The Metrics of Video Sensor Effectiveness

Oct. 27, 2008

Innovations move helter skelter in the field of security video software. The ascendance of video tools, particularly behavior analysis software, over the past few years has been astonishing. As always, the gap between expectations and reality in this environment needs to be addressed constantly. Nowhere is this more important than in understanding the logic and meaning of measures that speak to performance.

Metrics matter. Various vendor claims and user specifications are spun around the ideas of accuracy and false positives. However, these same specifications veil the fact that even a relatively small decrease in accuracy can have a significant impact on the number of false positives a system allows.

As an illustration, let's compare situations in which the accuracy rates are 99% and 90% in an access door application.

Above 99% Accuracy
In our first scenario, the overall accuracy rate is 99.4% and the misclassification rate is 0.6%, that is, less than one percent. Table 1 displays actual data from one test site where the total event count was 1,773. For the purposes of discussion, we've normalized the event count to 1,000. The accuracy metric is derived from the sum of the normal behaviors that were classified accurately as non-violations (986) and the tailgating behaviors that were classified accurately as violations (eight). Notice that the system alarmed on 10 of the 1,000 door events, eight accurate alarms and two erroneous alarms. The number of erroneous alarms is the numerator in the false positive rate, or the false alarm rate-a key metric for end users. The denominator is the total number of alarms. In this example, false alarms occurred about one-fifth of the time that the system alarmed (2 of 10), so they actually account for 20% of the alarms.

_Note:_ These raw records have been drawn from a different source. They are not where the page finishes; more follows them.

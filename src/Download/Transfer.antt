-- ===== src/Download/Transfer.antt =====
-- Where a download is stored, and what is reported of it.
use cpe_acs_connector_tr.Base.{
  true, false, [], ◌∷◌, inl, inr, ◌≡◌, refl, arith, Bool-cases, Bytes, codes, all, is_empty,
}
use cpe_acs_connector_tr.Download.{is_name_byte, safe_bytes, safe_file_name}

safe_bytes-all : (name : Bytes) → all is_name_byte (safe_bytes name) ≡ true
unfolding safe_bytes
safe_bytes-all [] = refl
safe_bytes-all (c ∷ name) = ground (arith, safe_bytes-all name)

safe_bytes-kept : (name : Bytes) → all is_name_byte name ≡ true → safe_bytes name ≡ name
unfolding safe_bytes
safe_bytes-kept [] h = refl
safe_bytes-kept (c ∷ name) h = ground (arith, safe_bytes-kept name)

-- Whatever the ACS names, the file's name holds letters, digits, dots, underscores and dashes
-- only, so no slash, and is not empty; a name of such bytes is kept.
pub safe_file_name_lem :
    (name : Bytes)
    → (all is_name_byte (safe_file_name name) ≡ true)
      × (is_empty (safe_file_name name) ≡ false)
      × (all is_name_byte name ≡ true → is_empty name ≡ false → safe_file_name name ≡ name)
unfolding safe_file_name codes
safe_file_name_lem name = elim (Bool-cases (is_empty (safe_bytes name))) [
  | inl h ↦ rw h (refl, refl, λ k e. cc (safe_bytes-kept name k))
  | inr h ↦ rw h (safe_bytes-all name, h, λ k e. safe_bytes-kept name k)
]
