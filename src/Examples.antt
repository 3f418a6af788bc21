-- ===== src/Examples.antt =====
-- A small device for tests: a store that counts its writes, an XML reader that knows two
-- documents, a shell without `uci`, a network and a clock. The children apply the theorems of each
-- part to it, and run the code on known inputs.
mod Primitives
mod Documents
mod Sessions
mod Devices
mod Daemons
mod Requests
mod Lua
mod Wakeups
mod Runs
mod Buses
mod Stores
mod Reboots
mod Programs
use Prim.Native.Nat.{ℕ, zero, suc}
use mathlib.Core.List.{List, [], ◌∷◌}
use cpe_acs_connector_tr.Base.{
  Bool, true, false, Option, none, some, if◌then◌else◌, Bytes, codes, equal, to_string,
}
use cpe_acs_connector_tr.Types.{ParameterValue, ParameterInfo, ParsedRpc, empty_rpc, default_type}
use cpe_acs_connector_tr.Transformer.{SetResult, TransformerApi}
use cpe_acs_connector_tr.Xml.{XmlNode, null, node, Libxml}
use cpe_acs_connector_tr.Http.{HttpResponse, HttpConfig}
use cpe_acs_connector_tr.Shell.{Shell}
use cpe_acs_connector_tr.HttpClient.{Curl, Request}
use cpe_acs_connector_tr.Download.{System}
use cpe_acs_connector_tr.Platform.{ConnectionRequestConfig, Platform}
use cpe_acs_connector_tr.Config.{DaemonConfig, default_config, info}
use cpe_acs_connector_tr.Daemon.{Daemon, Flags}

abbrev pub secret : Bytes
secret = codes "Device.ManagementServer.Password"

-- Reads of one secret parameter give its text only where secrets are revealed. The number of
-- writes is the value of `Device.Writes`.
abbrev api_values : ℕ → List Bytes → Bool → List ParameterValue
api_values s [] reveal = []
api_values s (path ∷ paths) reveal =
    if equal path (codes "Device.Writes")
    then record { name = path; value = to_string s; type = default_type } ∷ []
    else if equal path secret
    then record { name = path; value = if reveal then codes "hidden" else []; type = default_type }
      ∷ []
    else []

abbrev pub api : TransformerApi ℕ
api = record {
  get_parameter_values = λ s paths reveal. (api_values s paths reveal, []);
  set_parameter_values =
      λ s values key. (record { success = true; error = []; failed_parameter = [] }, suc s);
  get_parameter_names =
      λ s path. (record { name = codes "Device.Writes"; writable = true } ∷ [], []);
}

-- An envelope whose Body holds one empty element, the method.
abbrev pub document : Bytes → XmlNode
document method =
    node 0 true (codes "Envelope")
      (node 1 true (codes "Header") null (
        node 2 true (codes "Body") (node 3 true method (node 4 true (codes "ID") null null) null)
          null))
      null

abbrev read : Bytes → Option XmlNode
read text =
    if equal text (codes "informed")
    then some (document (codes "InformResponse"))
    else if equal text (codes "reboot")
    then some (document (codes "Reboot"))
    else none

abbrev pub xml : Libxml
xml = record {
  read_memory = read;
  get_content = λ p. some (codes "k");
  get_type_prop = λ p. none;
  str_equal = equal;
}

abbrev pub answer : ℕ → Bytes → HttpResponse
answer status body = record { status = status; body = body; error = [] }

abbrev pub clock : ℕ → Bytes
clock n = codes "2024-01-01T00:00:00Z"

abbrev pub reboot_rpc : ParsedRpc
reboot_rpc = record empty_rpc { method = codes "Reboot"; command_key = codes "k" }

-- There is no `uci`: a command that is only run succeeds, and counts as a write.
abbrev pub shell : Shell ℕ
shell = record {
  popen = λ s command. none;
  system = λ s command. (true, suc s);
  has_sbin_uci = false;
}

abbrev pub curl : Curl ℕ
curl = record {
  open_file = λ s path. (true, s);
  easy_init = λ s. true;
  perform = λ s request. (([], 404), s);
  remove_file = λ s path. s;
}

abbrev pub system : System ℕ
system = record {
  make_directory = λ s path. (none, s);
  now_iso = λ s. codes "2024-01-01T00:00:00Z";
  sleep = λ s n. s;
}

abbrev pub platform : Platform ℕ
platform = record {
  api = api;
  ready = true;
  shell = shell;
  xml = xml;
  curl = curl;
  system = system;
  clock = clock;
  getenv = λ name. none;
  can_listen = λ s config. true;
}

abbrev pub quiet : Flags
quiet = record {
  stop = false;
  connection_requested = false;
  reload_requested = false;
  reconnect_requested = false;
  inform_now_requested = false;
}

-- A daemon with a server to inform.
abbrev pub daemon : Daemon ℕ
daemon = record {
  config = record default_config { acs_url = codes "http://acs"; periodic_enable = false };
  level = info;
  connection_server = none;
  flags = quiet;
  state = codes "idle";
  device = 0;
}
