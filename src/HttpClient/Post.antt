-- ===== src/HttpClient/Post.antt =====
-- A request to the ACS (src/HttpClient.cpp, `post` and `writeString`), over libcurl, which is an
-- argument. The handle is that of the object: libcurl keeps its cookies from one request to the next
-- in the state `S`.
use cpe_acs_connector_tr.Base.{
  ℕ, Bool, not, List, [], ◌∷◌, ◌++◌, Option, none, some, if◌then◌else◌, Bytes, codes, is_empty,
  length,
}
use cpe_acs_connector_tr.Http.{HttpResponse, HttpConfig}
use cpe_acs_connector_tr.HttpClient.{TlsOptions, apply_tls, failed}

-- The options that `post` sets.
pub record PostRequest : Type 0 where
  pub cookie_file : Bytes
  pub url : Bytes
  pub body : Bytes
  pub body_size : ℕ
  pub timeout_seconds : ℕ
  pub connect_timeout_seconds : ℕ
  pub user_agent : Bytes
  pub credentials : Option (Bytes × Bytes)
  pub tls : TlsOptions
  pub headers : List Bytes

-- What `curl_easy_perform` leaves: the text of the error code, or none for `CURLE_OK`; the error
-- buffer, up to its NUL; the pieces that the write callback was called with; the response code.
pub record Transfer : Type 0 where
  pub failure : Option Bytes
  pub error_buffer : Bytes
  pub pieces : List Bytes
  pub status : ℕ

pub record Easy (S : Type 0) : Type 0 where
  pub has_handle : Bool
  pub perform : S → PostRequest → Transfer × S

unfoldable pub post_request : HttpConfig → Bytes → PostRequest
unfolding apply_tls
post_request config body = record {
  cookie_file = [];
  url = config.url;
  body = body;
  body_size = length body;
  timeout_seconds = config.timeout_seconds;
  connect_timeout_seconds = 10;
  user_agent = codes "tr069d/0.1";
  credentials =
      if not (is_empty config.username) then some (config.username, config.password) else none;
  tls = apply_tls config;
  headers =
      codes "Content-Type: text/xml; charset=utf-8"
      ∷ codes "SOAPAction: \"\""
      ∷ codes "Expect:"
      ∷ [];
}

-- `writeString` for each piece in turn.
unfoldable pub write_string : Bytes → List Bytes → Bytes
write_string body [] = body
write_string body (piece ∷ pieces) = write_string (body ++ piece) pieces

abbrev pub error_of : Option Bytes → Bytes → Bytes
error_of none error_buffer = []
error_of (some text) error_buffer = if not (is_empty error_buffer) then error_buffer else text

unfoldable pub response_of : Transfer → HttpResponse
unfolding write_string
response_of t = record {
  status = t.status;
  body = write_string [] t.pieces;
  error = error_of t.failure t.error_buffer;
}

unfoldable pub post : {S : Type 0} → Easy S → HttpConfig → S → Bytes → HttpResponse × S
post easy config s body =
    let (t, s') = easy.perform s (post_request config body) in
    if not easy.has_handle then (failed (codes "curl_easy_init failed"), s) else (response_of t, s')
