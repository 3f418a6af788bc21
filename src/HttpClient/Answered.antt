-- ===== src/HttpClient/Answered.antt =====
-- Which requests are answered, and with what.
use mathlib.Core.List.{append-nil, append_assoc}
use cpe_acs_connector_tr.Base.{
  Bool, true, false, List, [], ◌∷◌, ◌++◌, Option, none, some, ◌≡◌, ◌≤◌, ◌<◌, ◌↔◌, refl, sym, ◌∙◌,
  arith, ◌&&◌, leb, ltb, Bool-cases, inl, inr, Bytes, codes, is_empty, stream,
}
use cpe_acs_connector_tr.Http.{HttpConfig, ok}
use cpe_acs_connector_tr.HttpClient.Post.{
  Transfer, Easy, post_request, write_string, error_of, response_of, post,
}

-- `curl_easy_strerror` gives a text for each error code.
abbrev pub HasText : Option Bytes → Type 0
HasText none = Unit {0}
HasText (some t) = is_empty t ≡ false

abbrev is_done : Option Bytes → Bool
is_done none = true
is_done (some t) = false

error_of-is_empty :
    (failure : Option Bytes) (buffer : Bytes)
    → HasText failure
    → is_empty (error_of failure buffer) ≡ is_done failure
error_of-is_empty none buffer h = refl
error_of-is_empty (some t) buffer h = ground arith

write_string-stream :
    (body : Bytes) (pieces : List Bytes) → write_string body pieces ≡ body ++ stream pieces
unfolding write_string
write_string-stream body [] = sym (append-nil body)
write_string-stream body (piece ∷ pieces) =
    write_string-stream (body ++ piece) pieces ∙ append_assoc body piece (stream pieces)

abbrev pub Succeeds : Transfer → Type 0
Succeeds t = (t.failure ≡ none) × (200 ≤ t.status) × (t.status < 300)

response-ok : (t : Transfer) → HasText t.failure → (ok (response_of t) ≡ true) ↔ Succeeds t
unfolding response_of ok
response-ok t texts = go t.failure texts
  where
    go :
        (failure : Option Bytes)
        → HasText failure
        → ((is_empty (error_of failure t.error_buffer) && leb 200 t.status && ltb t.status 300)
            ≡ true)
          ↔ ((failure ≡ none) × (200 ≤ t.status) × (t.status < 300))
    go none h = ground arith
    go (some text) h =
        ((λ k. cc (error_of-is_empty (some text) t.error_buffer h, k)), λ (e, low, high). cc)

-- A request counts as answered exactly when there is a handle, libcurl reports no error and the
-- status is from 200 to 299; its body is then all the pieces that came, in order. The errors of
-- libcurl are supposed to have a text.
pub post-ok_iff :
    {S : Type 0} (easy : Easy S) (config : HttpConfig) (s : S) (body : Bytes)
    → HasText (easy.perform s (post_request config body)).0.failure
    → let t = (easy.perform s (post_request config body)).0 in
      let r = (post easy config s body).0 in
      ((ok r ≡ true) ↔ ((easy.has_handle ≡ true) × Succeeds t))
      × (ok r ≡ true → r.body ≡ stream t.pieces)
unfolding post response_of ok codes
post-ok_iff easy config s body texts =
    let t = (easy.perform s (post_request config body)).0 in
    let answered = response-ok t texts in
    let whole = write_string-stream [] t.pieces in
    elim (Bool-cases easy.has_handle) [
      | inl e ↦ rw e (((λ h. (refl, answered.0 h)), λ (_, k). answered.1 k), λ h. whole)
      | inr e ↦ rw e (((λ h. cc), λ (h, k). cc), λ h. cc)
    ]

Notice as well the number of times the situation was declared normal but was not. This is a component of the false negative ratio. In this example, with a high accuracy rate above 99%, there were four missed detections per 1,000 events. These four incidents comprise one-third of the 12 times that tailgating actually occurred. That is, false negatives occur at a rate of about 33%.

Playing With the Numbers Obviously, one can inflate or depress false positive and false negative scores by changing the denominator in the ratio-for example, by using the total event count. If measured this way, the system would look exceedingly robust, with a false positive rate of 0.2% (2 of 1,000) and a false negative rate of 0.4% (4 of 1,000)-hence the accuracy measure of 99.4%, as customarily defined.

At 90% Accuracy
Now let's see what would happen if we dropped the accuracy rate to 90%, as shown in Table 2 (p.16). The total number of real tailgaters is unchanged from the first example (12). This is a neutral assumption and a given-the number of tailgaters is what it is.

We presume that the system still misses 4 of the 12 violations. This means that the system is still generating a false negative rate of 33% when the number of real tailgating events is used in the denominator.

The number of events classified as normal that actually were normal would decline to 892 (900, from 90% accuracy, minus 8, the accurately identified tailgaters). The number of events classified erroneously as tailgating would rise to 96 (988 minus 892) from 2 in the previous case, an exponential deterioration in performance.

And that's the rub. The total number of alarms in this case would be 104 (1,000 minus 892 minus the 4 missed tailgaters). Thus, the false positive ratio would be 96/104, or more than 92%. The more lenient way to calculate the false positive ratio (96/1,000) would yield 9.6%, which along with the unchanged 0.4% false negative rate would give us the advertised 90% accuracy. By the way, changing the number of missed detections, or the false negative ratio, won't change the outcome much, as long as overall accuracy is high. In this example, if we lowered the missed detections from four to zero, the numerator in the false positive ratio would be 100 (900 at 90% accuracy minus 12 equals 888; 988 minus 888 equals 100), yielding a false alarm ratio of 89% (100/112).

Where Is the Value?
How practical is a system with these kinds of error rates? Is an organization comfortable, for example, with the knowledge that every time it labels an actor as "in violation," it knows that it will be wrong 9 times out of 10, or even, as in the previous example, 2 times out of 10? If the number of real violations stays the same, any drop in accuracy raises the false alarm rate significantly, no matter how it is computed. To achieve a low false alarm rate, a system for detecting a common event, such as a car entering a garage, does not need to be as accurate as a system detecting a rare event, such as the violation of policy at a facility with a high rate of policy compliance. Similarly, for situations in which "bad" behaviors occur infrequently, the overall error rate of the system has to be significantly less than the frequency of the "bad" behavior, or the false alarm ratio will be high. In practical terms, users' first priority is to diminish actual violations of policy. As "bad" events become less frequent, the accuracy of the system needs to rise in order to have value.

In short, there is practical value to understanding how metrics interact. They provide another data point that can be used when fashioning a security system that matches your approach to risk to an array of currently available tools and technologies.

Jim Helman PhD was chief architect at SmartCatch, and Nicholas Imparato PhD is a research fellow at the Hoover Institution, Stanford University, and professor of management and marketing at the University of San Francisco. This article was prepared while both were consultants to NEC Laboratories and advisors to SmartCatch.